#### WHAT IS BEING ASKED
Report each line below that carries the word "contains".

---

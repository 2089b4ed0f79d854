-- ===== src/Orders/Store/Valid.antt =====
-- That the operations of the store succeed on a valid store, and keep it valid.
mod Helpers
pub use swift_bot.Orders.Store.Valid.Helpers.{IsValid, with_uuids-IsValid}
use swift_bot.Prelude.{
  ℕ, ◌≤◌, ◌<◌, ◌≡◌, ◌≢◌, none, ◌∙◌, ap, refl, ◌⊎◌, inl, inr, String, true, false, some, List, [],
  ◌∷◌, ◌++◌, length, length-append, length-set, All, arith, Bool-cases, leb,
}
use swift_bot.Qt.Key.{text_key}
use swift_bot.Qt.Map.{lookup, value_or}
use swift_bot.Qt.Json.{JsonObject, get_text, json_eq, json_eq→eq}
use swift_bot.Double.{Double}
use swift_bot.Orders.Order.{Env, Uuids, prepare_order_data, prepare-ne-nil}
use swift_bot.Orders.Index.{Bounded-contains, value_or-lt}
use swift_bot.Orders.Store.{
  Store, get_order, replace_order, overwrite, file_known, update_order, append_order, add_order,
  add_orders, empty, hits_remote, hits_local, with_uuids, remote_of, local_of, store_prepared,
}
use swift_bot.Orders.Store.Valid.Helpers.{
  overwrite-IsValid, length-overwrite, file_known-IsValid, append_order-IsValid,
}

store_known :
    (s : Store) (p : JsonObject)
    → json_eq p (get_order s (remote_of p) (local_of p)) ≡ true
    → store_prepared s p ≡ some s
unfolding store_prepared
store_known s p e = rw (e, store_prepared)

store_changed :
    (s : Store) (p : JsonObject)
    → json_eq p (get_order s (remote_of p) (local_of p)) ≡ false
    → value_or (remote_of p) 0 s.ext_id < length s.orders
    → store_prepared s p ≡ some (overwrite s (value_or (remote_of p) 0 s.ext_id) p)
unfolding store_prepared
store_changed s p e h = ground arith

module _ {D : Type 0} ⦃d : Double D⦄ (env : Env D) where
  -- What `updateOrder` makes of a valid store that is not empty.
  abbrev pub prepared : Store → JsonObject → JsonObject
  prepared s o = (prepare_order_data env s.uuids o).0

  abbrev pub stamped : Store → JsonObject → Store
  stamped s o = with_uuids s (prepare_order_data env s.uuids o).1

  abbrev pub slot : Store → JsonObject → ℕ
  slot s o = value_or (remote_of (prepared s o)) 0 s.ext_id

  abbrev pub Updates : Store → JsonObject → Store → Type 0
  Updates s o t =
      let p = prepared s o in
      ((p ≡ get_order (stamped s o) (remote_of p) (local_of p))
        × (t ≡ file_known env (stamped s o) (remote_of p) p))
      ⊎ (t ≡ file_known env (overwrite (stamped s o) (slot s o) p) (remote_of p) p)

  pub update_order-Updates :
      (s : Store) (o : JsonObject)
      → slot s o < length s.orders
      → (t : Store) × (update_order env s o ≡ some t) × Updates s o t
  unfolding update_order
  update_order-Updates s o h =
      let p = prepared s o in
      let s' = stamped s o in
      let i = slot s o in
      elim (Bool-cases (json_eq p (get_order s' (remote_of p) (local_of p)))) [
        | inl e ↦ (
          file_known env s' (remote_of p) p,
          rw (store_known s' p e, update_order) refl,
          inl (json_eq→eq _ _ e, refl),
        )
        | inr e ↦ (
          file_known env (overwrite s' i p) (remote_of p) p,
          rw (store_changed s' p e h, update_order) refl,
          inr refl,
        )
      ]

  -- On a valid store that holds an order, `updateOrder` succeeds, and the store stays valid.
  pub update_order-IsValid :
      (s : Store) (o : JsonObject)
      → IsValid s
      → 0 < length s.orders
      → (t : Store) × (update_order env s o ≡ some t) × IsValid t
  update_order-IsValid s o v h =
      let p = prepared s o in
      let lt = value_or-lt _ (remote_of p) s.ext_id h v.ext_bounded in
      let v' = with_uuids-IsValid s (prepare_order_data env s.uuids o).1 v in
      let (t, e, made) = update_order-Updates s o lt in (t, e, valid t lt h v' made)
    where
      valid :
          (t : Store)
          → slot s o < length s.orders
          → 0 < length s.orders
          → IsValid (stamped s o)
          → Updates s o t
          → IsValid t
      valid t lt h v (inl (same, e)) = rw e (file_known-IsValid env _ _ _ h v)
      valid t lt h v (inr e) = rw e (
          file_known-IsValid env _ _ _
            (rw (length-overwrite (stamped s o) (slot s o) (prepared s o)) h)
            (overwrite-IsValid _ _ (prepared s o) lt v))

  -- An order is always taken in: the store stays valid, and no index leads out of the list.
  pub add_order-IsValid :
      (s : Store) (o : JsonObject)
      → IsValid s
      → (t : Store) × (add_order env s o ≡ some t) × IsValid t
  unfolding add_order
  add_order-IsValid s o v =
      let p = prepared s o in
      let s' = stamped s o in
      let v' = with_uuids-IsValid s (prepare_order_data env s.uuids o).1 v in
      elim (Bool-cases (hits_remote s (remote_of p))) [
        | inl hit ↦
            rw (hit, add_order)
              (update_order-IsValid s' p v'
                (Bounded-contains _ (remote_of p) s.ext_id (ground arith) v.ext_bounded))
        | inr miss ↦ elim (Bool-cases (hits_local s (remote_of p) (local_of p))) [
          | inl hit ↦
              rw (miss, hit, add_order)
                (update_order-IsValid s' p v'
                  (Bounded-contains _ (local_of p) s.loc_id (ground arith) v.loc_bounded))
          | inr none_hit ↦ (
            append_order env s' (remote_of p) (local_of p) p,
            rw (miss, none_hit, add_order) refl,
            append_order-IsValid env s' (remote_of p) (local_of p) p v',
          )
        ]
      ]

  -- From a valid store every list of orders is taken in, one `addOrder` after the other, and the store
  -- stays valid.
  pub add_orders-IsValid :
      (s : Store) (os : List JsonObject)
      → IsValid s
      → (t : Store) × (add_orders env s os ≡ some t) × IsValid t
  unfolding add_orders
  add_orders-IsValid s [] v = (s, refl, v)
  add_orders-IsValid s (o ∷ os) v =
      let (t, e, v') = add_order-IsValid s o v in
      let (u, e', v'') = add_orders-IsValid t os v' in (u, rw (e, add_orders) e', v'')

pub empty-IsValid : IsValid empty
unfolding empty lookup
empty-IsValid = record {
  ext_bounded = λ k i h. ground (arith, h);
  loc_bounded = λ k i h. ground (arith, h);
  open_bounded = λ k i h. ground (arith, h);
  closed_bounded = λ k i h. ground (arith, h);
  updated_bounded = tt;
  apart = λ k. inl refl;
  ext_injective = λ j k i h g. ground (arith, h);
}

---

#### RESULT BELOW
use swift_bot.Orders.Index.{Bounded-contains, value_or-lt}
                (Bounded-contains _ (remote_of p) s.ext_id (ground arith) v.ext_bounded))
                  (Bounded-contains _ (local_of p) s.loc_id (ground arith) v.loc_bounded))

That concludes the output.